--- What the task requires ---
Take the lines below between the one holding "-- found, and" and the one holding "abbrev pub found_below", inclusive, and copy them exactly. Add nothing.

--- Materials provided ---
>>>
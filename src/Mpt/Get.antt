-- ===== src/Mpt/Get.antt =====
-- pkg/core/mpt/trie.go and helpers.go: the paths of keys, and Get.
use epicchain_go.Common.{
  ℕ, ◌+◌, ◌*◌, ◌/◌, ◌%◌, Bool, true, false, not, ◌&&◌, List, [], ◌∷◌, ◌++◌, length, ◌==◌, ltb,
  if◌then◌else◌, Option, none, some,
}
use epicchain_go.Mpt.Node.{
  Node, leaf, branch, extension, hash, lost, empty, last_child, put_child, split_path,
}

abbrev pub max_key_length : ℕ
max_key_length = 68

-- toNibbles
unfoldable pub to_nibbles : List ℕ → List ℕ
to_nibbles [] = []
to_nibbles (b ∷ path) = b / 16 ∷ b % 16 ∷ to_nibbles path

-- fromNibbles: bytes wrap around, and a last nibble without a partner is left out.
unfoldable pub from_nibbles : List ℕ → List ℕ
from_nibbles [] = []
from_nibbles (a ∷ []) = []
from_nibbles (a ∷ (b ∷ path)) = (a * 16 % 256 + b) % 256 ∷ from_nibbles path

-- bytes.HasPrefix(path, key), with path[len(key):].
unfoldable pub strip_prefix : List ℕ → List ℕ → Option (List ℕ)
strip_prefix [] path = some path
strip_prefix (x ∷ key) [] = none
strip_prefix (x ∷ key) (y ∷ path) =
    let rest = strip_prefix key path in if x == y then rest else none

abbrev pub has_prefix : List ℕ → List ℕ → Bool
has_prefix path key = elim (strip_prefix key path) [ none ↦ false | some q ↦ true ]

-- What getWithPath answers: the node with what was read from the store in place of hash nodes, the node
-- found, and the path to it. `none` is ErrNotFound.
abbrev pub Found : Type 0
Found = Option (Node × (Node × List ℕ))

-- The answer for a child, put in its place. The path is a new list: of append(n.key, prefix...) it is taken
-- that nothing else stands in the array of n.key behind the key.
abbrev pub found_below : (Node → Node) → List ℕ → Found → Found
found_below wrap k none = none
found_below wrap k (some (r, (res, prefix))) = some (wrap r, (res, k ++ prefix))

unfoldable pub get_with_path : Node → List ℕ → Bool → Found
get_with_path (leaf v) [] strict = some (leaf v, (leaf v, []))
get_with_path (leaf v) (x ∷ path) strict = none
get_with_path (branch cs) path strict =
    let (i, rest) = split_path path in
    let below = get_with_path (cs i) rest strict in
    if (i == last_child) && not strict
    then some (branch cs, (branch cs, []))
    else found_below (λ r. branch (put_child i r cs)) (i ∷ []) below
get_with_path empty path strict = none
get_with_path (hash h n) path strict = get_with_path n path strict
get_with_path (lost h) path strict = none
get_with_path (extension key next) path strict =
    let short = some (extension key next, (next, key)) in
    let stop = if not strict && has_prefix key path then short else none in
    let go = λ (q : List ℕ). found_below (extension key) key (get_with_path next q strict) in
    if (length path == 0) && not strict
    then short
    else elim (strip_prefix key path) [ none ↦ stop | some q ↦ go q ]

-- leaf.(*LeafNode).value: any other node panics.
abbrev pub leaf_value : Node → Option (List ℕ)
leaf_value (leaf v) = some v
leaf_value (branch cs) = none
leaf_value (extension k n) = none
leaf_value (hash h n) = none
leaf_value (lost h) = none
leaf_value empty = none

-- `not_found` is the trie's ErrNotFound, `not_in_store` what getFromStore answers where it has no node to
-- give: the store's ErrKeyNotFound, or an error of the decoder.
pub data TrieError : Type 0 where
  key_is_empty key_is_too_big value_is_too_big value_is_nil not_found not_in_store : TrieError

-- An answer, an error, or a panic.
pub data Result (A : Type 0) : Type 0 where
  done : A → Result A
  failed : TrieError → Result A
  panicked : Result A

abbrev pub leaf_result : Node → Option (List ℕ) → Result (List ℕ × Node)
leaf_result r none = panicked
leaf_result r (some v) = done (v, r)

abbrev pub get_result : Found → Result (List ℕ × Node)
get_result none = failed not_found
get_result (some (r, (res, path))) = leaf_result r (leaf_value res)

-- Get, and the root it leaves; on an error that is the old one.
unfoldable pub get : List ℕ → Node → Result (List ℕ × Node)
get key root =
    if ltb max_key_length (length key)
    then failed key_is_too_big
    else get_result (get_with_path root (to_nibbles key) true)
<<<
--- Task output ---
-- found, and the path to it. `none` is ErrNotFound.
abbrev pub Found : Type 0
Found = Option (Node × (Node × List ℕ))

-- The answer for a child, put in its place. The path is a new list: of append(n.key, prefix...) it is taken
-- that nothing else stands in the array of n.key behind the key.
abbrev pub found_below : (Node → Node) → List ℕ → Found → Found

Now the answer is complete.